» To do:
The response must contain every record, repeated exactly.

Collected data entries:
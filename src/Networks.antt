-- ===== src/Networks.antt =====
-- internal/pbr/networks.go: the canonical form of a network, sets of networks and state files.
pub mod Canonical
pub mod Public
pub mod Merging
pub mod Validation
pub mod Files
pub mod Saved
use netflix_pbrd.Base.{
  ℕ, zero, suc, ◌+◌, ◌-◌, ◌*◌, ◌^◌, Bool, true, false, not, ◌&&◌, ◌||◌, List, [], ◌∷◌, ◌++◌, Option,
  none, some, Text, length, ltb, leb, ◌==◌, if◌then◌else◌, is_some, and_then, option_map, Result,
  ok, err, Error, quoted, numbered, codes,
}
use netflix_pbrd.Text.{
  text_eq, has_suffix, contains_byte, cut, trim_space, itoa, contains, set_add, sort_strings, join,
}
use netflix_pbrd.Net.{
  Ip, V4, IpNet, quad, or_not_mask, to4, v4_text, parse_ip, parse_cidr, parse_addr, mask_size,
  net_of, mask_bytes,
}
use Prim.Native.Nat.{min}

abbrev pub default_max_networks : ℕ
default_max_networks = 4096

abbrev pub minimum_prefix_bits : ℕ
minimum_prefix_bits = 24

-- The tests of `isPublicIPv4`, on the four bytes
unfoldable pub is_public : V4 → Bool
is_public v =
    not (v.a == 0 || v.a == 10 || v.a == 127 || leb 224 v.a)
    && not (
        v.a == 100 && leb 64 v.b && leb v.b 127
        || v.a == 169 && v.b == 254
        || v.a == 172 && leb 16 v.b && leb v.b 31
        || v.a == 192 && (v.b == 0 || v.b == 168)
        || v.a == 198 && (v.b == 18 || v.b == 19 || v.b == 51 && v.c == 100)
        || v.a == 203 && v.b == 0 && v.c == 113)

unfoldable pub is_public_ipv4 : Ip → Bool
is_public_ipv4 ip = elim (to4 ip) [ none ↦ false | some v ↦ is_public v ]

unfoldable pub last_bytes : ℕ → List ℕ → List ℕ
last_bytes ones [] = []
last_bytes ones (b ∷ bs) = or_not_mask (min ones 8) b ∷ last_bytes (ones - 8) bs

-- Called on a network with a mask of 4 bytes, so its address has 4 bytes too.
unfoldable pub last_ipv4 : IpNet → Ip
last_ipv4 network = last_bytes network.ones network.ip

-- `IPNet.String` of an IPv4 network
unfoldable pub network_text : V4 → ℕ → Text
unfolding v4_text itoa
network_text ip ones = v4_text ip ++ (b'/' ∷ itoa ones)

unfoldable pub canonical_host : Text → Option Text
canonical_host value = and_then (parse_ip value) λ ip.
    and_then (to4 ip) λ v. if not (is_public_ipv4 ip) then none else some (v4_text v ++ codes "/32")

unfoldable pub canonical_net : Ip → IpNet → Option Text
canonical_net ip network =
    if not (is_some (to4 ip))
    then none
    else if not (network.bits == 32)
        || ltb network.ones minimum_prefix_bits
        || not (is_public_ipv4 network.ip)
        || not (is_public_ipv4 (last_ipv4 network))
    then none
    else option_map (λ v. network_text v network.ones) (to4 network.ip)

unfoldable pub canonical_cidr : Text → Option Text
canonical_cidr value = and_then (parse_cidr value) (λ p. canonical_net p.0 p.1)

unfoldable pub canonical_trimmed : Text → Option Text
canonical_trimmed value =
    if text_eq value []
    then none
    else if not (contains_byte value b'/')
    then canonical_host value
    else canonical_cidr value

unfoldable pub canonical_network : Text → Option Text
canonical_network value = canonical_trimmed (trim_space value)

unfoldable pub add_canonical : List Text → List Text → List Text
add_canonical [] set = set
add_canonical (raw ∷ group) set =
    add_canonical group
      (elim (canonical_network raw) [ none ↦ set | some value ↦ set_add value set ])

unfoldable pub add_groups : List (List Text) → List Text → List Text
add_groups [] set = set
add_groups (group ∷ groups) set = add_groups groups (add_canonical group set)

unfoldable pub merge : List (List Text) → List Text
merge groups = sort_strings (add_groups groups [])

abbrev pub invalid_network : Text → Error
invalid_network raw = quoted (codes "invalid public IPv4 network ") raw

abbrev pub needs_host : Text → Error
needs_host raw = quoted (codes "agent reports require /32 hosts: ") raw

abbrev pub limit_exceeded : ℕ → Error
limit_exceeded max = numbered (codes "network limit exceeded: ") max

abbrev pub host_suffix : Text
host_suffix = codes "/32"

-- The loop of `ValidateNetworks`, over the set so far.
unfoldable pub validate_loop : List Text → Bool → ℕ → List Text → Result (List Text)
validate_loop [] hosts_only max set = ok set
validate_loop (raw ∷ values) hosts_only max set = elim (canonical_network raw) [
  | none ↦ err (invalid_network raw)
  | some value ↦
      let rest = validate_loop values hosts_only max (set_add value set) in
      if hosts_only && not (has_suffix value host_suffix)
      then err (needs_host raw)
      else if ltb max (length (set_add value set))
      then err (limit_exceeded max)
      else rest
]

abbrev pub effective_max : ℕ → ℕ
effective_max max = if max == 0 then default_max_networks else max

abbrev sorted_result : Result (List Text) → Result (List Text)
sorted_result (ok set) = ok (sort_strings set)
sorted_result (err e) = err e

unfoldable pub validate_networks : List Text → Bool → ℕ → Result (List Text)
validate_networks values hosts_only max =
    sorted_result (validate_loop values hosts_only (effective_max max) [])

unfoldable pub equal : List Text → List Text → Bool
unfolding text_eq
equal [] [] = true
equal (x ∷ xs) (y ∷ ys) = text_eq x y && equal xs ys
equal _ _ = false

-- The content that `SaveState` writes: `strings.Join(values, "\n") + "\n"`.
unfoldable pub state_content : List Text → Text
unfolding join
state_content values = join values (codes "\n") ++ codes "\n"

-- The lines that `bufio.Scanner` yields: `bufio.ScanLines`, which drops one carriage return at the
-- end of a line, and yields no line behind the last newline. The first argument is the line so far.
abbrev drop_cr : Text → Text
drop_cr [] = []
drop_cr (c ∷ []) = if c == 13 then [] else c ∷ []
drop_cr (c ∷ d ∷ s) = c ∷ drop_cr (d ∷ s)

unfoldable pub scan_lines : Text → Text → List Text
scan_lines [] [] = []
scan_lines (c ∷ line) [] = drop_cr (c ∷ line) ∷ []
scan_lines line (c ∷ s) =
    let rest = scan_lines [] s in
    let more = scan_lines (line ++ (c ∷ [])) s in if c == 10 then drop_cr line ∷ rest else more

-- Everything that the canonical form computes with, for runs on concrete texts.
unfoldable pub run_canonical : Text → Option Text
unfolding canonical_network trim_space canonical_trimmed text_eq contains_byte canonical_host
    canonical_cidr parse_ip to4 is_public_ipv4 is_public parse_cidr cut parse_addr mask_size net_of
    mask_bytes canonical_net last_ipv4 last_bytes network_text
run_canonical = canonical_network

unfoldable pub run_merge : List (List Text) → List Text
unfolding run_canonical merge add_groups add_canonical set_add sort_strings
run_merge = merge

unfoldable pub run_validate : List Text → Bool → ℕ → Result (List Text)
unfolding run_canonical validate_networks validate_loop has_suffix set_add sort_strings
run_validate = validate_networks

» Exercise solution:
filename src/Networks.antt
-- ===== src/Networks.antt =====
-- internal/pbr/networks.go: the canonical form of a network, sets of networks and state files.
pub mod Canonical
pub mod Public
pub mod Merging
pub mod Validation
pub mod Files
pub mod Saved
use netflix_pbrd.Base.{
  ℕ, zero, suc, ◌+◌, ◌-◌, ◌*◌, ◌^◌, Bool, true, false, not, ◌&&◌, ◌||◌, List, [], ◌∷◌, ◌++◌, Option,
  none, some, Text, length, ltb, leb, ◌==◌, if◌then◌else◌, is_some, and_then, option_map, Result,
  ok, err, Error, quoted, numbered, codes,
}
use netflix_pbrd.Text.{
  text_eq, has_suffix, contains_byte, cut, trim_space, itoa, contains, set_add, sort_strings, join,
}
use netflix_pbrd.Net.{
  Ip, V4, IpNet, quad, or_not_mask, to4, v4_text, parse_ip, parse_cidr, parse_addr, mask_size,
  net_of, mask_bytes,
}
use Prim.Native.Nat.{min}

abbrev pub default_max_networks : ℕ
default_max_networks = 4096

abbrev pub minimum_prefix_bits : ℕ
minimum_prefix_bits = 24

-- The tests of `isPublicIPv4`, on the four bytes
unfoldable pub is_public : V4 → Bool
is_public v =
    not (v.a == 0 || v.a == 10 || v.a == 127 || leb 224 v.a)
    && not (
        v.a == 100 && leb 64 v.b && leb v.b 127
        || v.a == 169 && v.b == 254
        || v.a == 172 && leb 16 v.b && leb v.b 31
        || v.a == 192 && (v.b == 0 || v.b == 168)
        || v.a == 198 && (v.b == 18 || v.b == 19 || v.b == 51 && v.c == 100)
        || v.a == 203 && v.b == 0 && v.c == 113)

unfoldable pub is_public_ipv4 : Ip → Bool
is_public_ipv4 ip = elim (to4 ip) [ none ↦ false | some v ↦ is_public v ]

unfoldable pub last_bytes : ℕ → List ℕ → List ℕ
last_bytes ones [] = []
last_bytes ones (b ∷ bs) = or_not_mask (min ones 8) b ∷ last_bytes (ones - 8) bs

-- Called on a network with a mask of 4 bytes, so its address has 4 bytes too.
unfoldable pub last_ipv4 : IpNet → Ip
last_ipv4 network = last_bytes network.ones network.ip

-- `IPNet.String` of an IPv4 network
unfoldable pub network_text : V4 → ℕ → Text
unfolding v4_text itoa
network_text ip ones = v4_text ip ++ (b'/' ∷ itoa ones)

unfoldable pub canonical_host : Text → Option Text
canonical_host value = and_then (parse_ip value) λ ip.
    and_then (to4 ip) λ v. if not (is_public_ipv4 ip) then none else some (v4_text v ++ codes "/32")

unfoldable pub canonical_net : Ip → IpNet → Option Text
canonical_net ip network =
    if not (is_some (to4 ip))
    then none
    else if not (network.bits == 32)
        || ltb network.ones minimum_prefix_bits
        || not (is_public_ipv4 network.ip)
        || not (is_public_ipv4 (last_ipv4 network))
    then none
    else option_map (λ v. network_text v network.ones) (to4 network.ip)

unfoldable pub canonical_cidr : Text → Option Text
canonical_cidr value = and_then (parse_cidr value) (λ p. canonical_net p.0 p.1)

unfoldable pub canonical_trimmed : Text → Option Text
canonical_trimmed value =
    if text_eq value []
    then none
    else if not (contains_byte value b'/')
    then canonical_host value
    else canonical_cidr value

unfoldable pub canonical_network : Text → Option Text
canonical_network value = canonical_trimmed (trim_space value)

unfoldable pub add_canonical : List Text → List Text → List Text
add_canonical [] set = set
add_canonical (raw ∷ group) set =
    add_canonical group
      (elim (canonical_network raw) [ none ↦ set | some value ↦ set_add value set ])

unfoldable pub add_groups : List (List Text) → List Text → List Text
add_groups [] set = set
add_groups (group ∷ groups) set = add_groups groups (add_canonical group set)

unfoldable pub merge : List (List Text) → List Text
merge groups = sort_strings (add_groups groups [])

abbrev pub invalid_network : Text → Error
invalid_network raw = quoted (codes "invalid public IPv4 network ") raw

abbrev pub needs_host : Text → Error
needs_host raw = quoted (codes "agent reports require /32 hosts: ") raw

abbrev pub limit_exceeded : ℕ → Error
limit_exceeded max = numbered (codes "network limit exceeded: ") max

abbrev pub host_suffix : Text
host_suffix = codes "/32"

-- The loop of `ValidateNetworks`, over the set so far.
unfoldable pub validate_loop : List Text → Bool → ℕ → List Text → Result (List Text)
validate_loop [] hosts_only max set = ok set
validate_loop (raw ∷ values) hosts_only max set = elim (canonical_network raw) [
  | none ↦ err (invalid_network raw)
  | some value ↦
      let rest = validate_loop values hosts_only max (set_add value set) in
      if hosts_only && not (has_suffix value host_suffix)
      then err (needs_host raw)
      else if ltb max (length (set_add value set))
      then err (limit_exceeded max)
      else rest
]

abbrev pub effective_max : ℕ → ℕ
effective_max max = if max == 0 then default_max_networks else max

abbrev sorted_result : Result (List Text) → Result (List Text)
sorted_result (ok set) = ok (sort_strings set)
sorted_result (err e) = err e

unfoldable pub validate_networks : List Text → Bool → ℕ → Result (List Text)
validate_networks values hosts_only max =
    sorted_result (validate_loop values hosts_only (effective_max max) [])

unfoldable pub equal : List Text → List Text → Bool
unfolding text_eq
equal [] [] = true
equal (x ∷ xs) (y ∷ ys) = text_eq x y && equal xs ys
equal _ _ = false

-- The content that `SaveState` writes: `strings.Join(values, "\n") + "\n"`.
unfoldable pub state_content : List Text → Text
unfolding join
state_content values = join values (codes "\n") ++ codes "\n"

-- The lines that `bufio.Scanner` yields: `bufio.ScanLines`, which drops one carriage return at the
-- end of a line, and yields no line behind the last newline. The first argument is the line so far.
abbrev drop_cr : Text → Text
drop_cr [] = []
drop_cr (c ∷ []) = if c == 13 then [] else c ∷ []
drop_cr (c ∷ d ∷ s) = c ∷ drop_cr (d ∷ s)

unfoldable pub scan_lines : Text → Text → List Text
scan_lines [] [] = []
scan_lines (c ∷ line) [] = drop_cr (c ∷ line) ∷ []
scan_lines line (c ∷ s) =
    let rest = scan_lines [] s in
    let more = scan_lines (line ++ (c ∷ [])) s in if c == 10 then drop_cr line ∷ rest else more

-- Everything that the canonical form computes with, for runs on concrete texts.
unfoldable pub run_canonical : Text → Option Text
unfolding canonical_network trim_space canonical_trimmed text_eq contains_byte canonical_host
    canonical_cidr parse_ip to4 is_public_ipv4 is_public parse_cidr cut parse_addr mask_size net_of
    mask_bytes canonical_net last_ipv4 last_bytes network_text
run_canonical = canonical_network

unfoldable pub run_merge : List (List Text) → List Text
unfolding run_canonical merge add_groups add_canonical set_add sort_strings
run_merge = merge

unfoldable pub run_validate : List Text → Bool → ℕ → Result (List Text)
unfolding run_canonical validate_networks validate_loop has_suffix set_add sort_strings
run_validate = validate_networks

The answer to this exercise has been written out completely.